(Stored data entries)
::::

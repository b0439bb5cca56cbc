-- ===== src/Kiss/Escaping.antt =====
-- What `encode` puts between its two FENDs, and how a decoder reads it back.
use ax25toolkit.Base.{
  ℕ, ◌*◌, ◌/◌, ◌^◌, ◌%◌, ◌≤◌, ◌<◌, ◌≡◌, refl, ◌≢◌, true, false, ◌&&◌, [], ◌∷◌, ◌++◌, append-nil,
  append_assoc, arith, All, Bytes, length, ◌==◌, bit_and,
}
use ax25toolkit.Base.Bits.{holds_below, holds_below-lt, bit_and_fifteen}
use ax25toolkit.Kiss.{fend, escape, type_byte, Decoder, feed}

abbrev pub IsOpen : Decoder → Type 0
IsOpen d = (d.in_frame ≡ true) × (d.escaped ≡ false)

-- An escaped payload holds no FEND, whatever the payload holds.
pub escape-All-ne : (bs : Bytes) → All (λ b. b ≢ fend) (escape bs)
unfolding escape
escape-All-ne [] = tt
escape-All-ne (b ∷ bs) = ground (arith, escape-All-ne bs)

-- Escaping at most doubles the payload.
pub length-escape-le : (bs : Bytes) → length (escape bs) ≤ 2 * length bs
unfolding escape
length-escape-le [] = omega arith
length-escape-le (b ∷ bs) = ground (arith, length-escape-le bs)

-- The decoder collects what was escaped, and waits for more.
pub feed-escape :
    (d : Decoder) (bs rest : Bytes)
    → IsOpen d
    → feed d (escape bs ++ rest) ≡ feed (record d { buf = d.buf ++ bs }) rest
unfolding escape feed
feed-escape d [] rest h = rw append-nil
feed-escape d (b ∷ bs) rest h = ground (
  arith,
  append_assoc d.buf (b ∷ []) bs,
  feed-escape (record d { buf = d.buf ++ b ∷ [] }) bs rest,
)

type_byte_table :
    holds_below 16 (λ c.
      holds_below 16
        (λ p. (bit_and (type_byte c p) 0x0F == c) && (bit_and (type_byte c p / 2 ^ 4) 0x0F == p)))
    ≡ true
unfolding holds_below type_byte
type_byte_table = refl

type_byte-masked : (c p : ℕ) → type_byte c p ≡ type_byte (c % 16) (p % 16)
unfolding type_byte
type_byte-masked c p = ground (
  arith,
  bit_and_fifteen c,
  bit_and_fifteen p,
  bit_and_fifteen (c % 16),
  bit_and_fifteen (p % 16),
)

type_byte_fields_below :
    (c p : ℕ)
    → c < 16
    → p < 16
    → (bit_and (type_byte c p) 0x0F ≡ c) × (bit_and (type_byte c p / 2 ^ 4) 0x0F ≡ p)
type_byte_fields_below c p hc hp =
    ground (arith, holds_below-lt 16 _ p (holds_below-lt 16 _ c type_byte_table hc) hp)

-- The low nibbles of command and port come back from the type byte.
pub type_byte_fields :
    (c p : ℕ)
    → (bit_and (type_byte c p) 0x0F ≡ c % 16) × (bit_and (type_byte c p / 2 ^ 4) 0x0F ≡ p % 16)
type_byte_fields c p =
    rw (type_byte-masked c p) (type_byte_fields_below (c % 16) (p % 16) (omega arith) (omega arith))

::::

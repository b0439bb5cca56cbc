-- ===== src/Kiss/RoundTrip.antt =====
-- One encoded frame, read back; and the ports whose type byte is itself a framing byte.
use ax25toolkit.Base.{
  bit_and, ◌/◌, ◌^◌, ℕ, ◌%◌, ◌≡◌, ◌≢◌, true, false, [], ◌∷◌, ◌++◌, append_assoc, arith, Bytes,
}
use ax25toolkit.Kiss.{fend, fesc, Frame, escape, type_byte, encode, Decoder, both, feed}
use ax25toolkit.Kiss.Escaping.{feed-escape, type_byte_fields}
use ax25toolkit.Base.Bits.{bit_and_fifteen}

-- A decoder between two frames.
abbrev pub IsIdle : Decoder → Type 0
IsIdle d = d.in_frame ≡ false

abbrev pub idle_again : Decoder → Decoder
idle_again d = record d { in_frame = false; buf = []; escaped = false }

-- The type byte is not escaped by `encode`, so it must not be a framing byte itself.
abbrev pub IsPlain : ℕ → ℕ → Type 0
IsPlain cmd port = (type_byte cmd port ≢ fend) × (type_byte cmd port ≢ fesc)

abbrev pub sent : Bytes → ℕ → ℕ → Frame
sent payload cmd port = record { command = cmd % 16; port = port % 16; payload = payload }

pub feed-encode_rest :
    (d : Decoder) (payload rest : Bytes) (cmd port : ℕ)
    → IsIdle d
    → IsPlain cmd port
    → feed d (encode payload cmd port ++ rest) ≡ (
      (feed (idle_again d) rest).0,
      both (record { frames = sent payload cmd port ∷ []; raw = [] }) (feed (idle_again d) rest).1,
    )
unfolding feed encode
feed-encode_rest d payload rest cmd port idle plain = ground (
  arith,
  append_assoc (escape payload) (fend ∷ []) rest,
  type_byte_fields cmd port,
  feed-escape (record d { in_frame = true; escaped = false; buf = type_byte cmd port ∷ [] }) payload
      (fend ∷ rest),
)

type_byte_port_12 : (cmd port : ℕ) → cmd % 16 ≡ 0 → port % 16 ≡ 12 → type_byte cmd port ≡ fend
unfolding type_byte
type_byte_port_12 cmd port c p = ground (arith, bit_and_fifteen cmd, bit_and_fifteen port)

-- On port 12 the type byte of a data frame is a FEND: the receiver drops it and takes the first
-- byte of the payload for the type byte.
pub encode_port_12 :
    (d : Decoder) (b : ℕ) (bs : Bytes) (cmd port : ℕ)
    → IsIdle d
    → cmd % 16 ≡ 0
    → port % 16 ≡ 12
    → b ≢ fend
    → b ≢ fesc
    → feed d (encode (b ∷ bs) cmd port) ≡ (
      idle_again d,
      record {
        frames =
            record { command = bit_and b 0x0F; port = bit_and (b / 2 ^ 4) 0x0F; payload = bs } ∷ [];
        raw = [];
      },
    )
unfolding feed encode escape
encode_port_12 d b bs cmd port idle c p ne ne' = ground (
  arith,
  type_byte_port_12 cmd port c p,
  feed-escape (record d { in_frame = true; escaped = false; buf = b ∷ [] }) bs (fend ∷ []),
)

::::

▶ _WHAT YOU ARE ASKED TO DO_: Reply with one number: the count of lines in the entries that include the word "between".

▶ _WRITTEN SOLUTION_: 2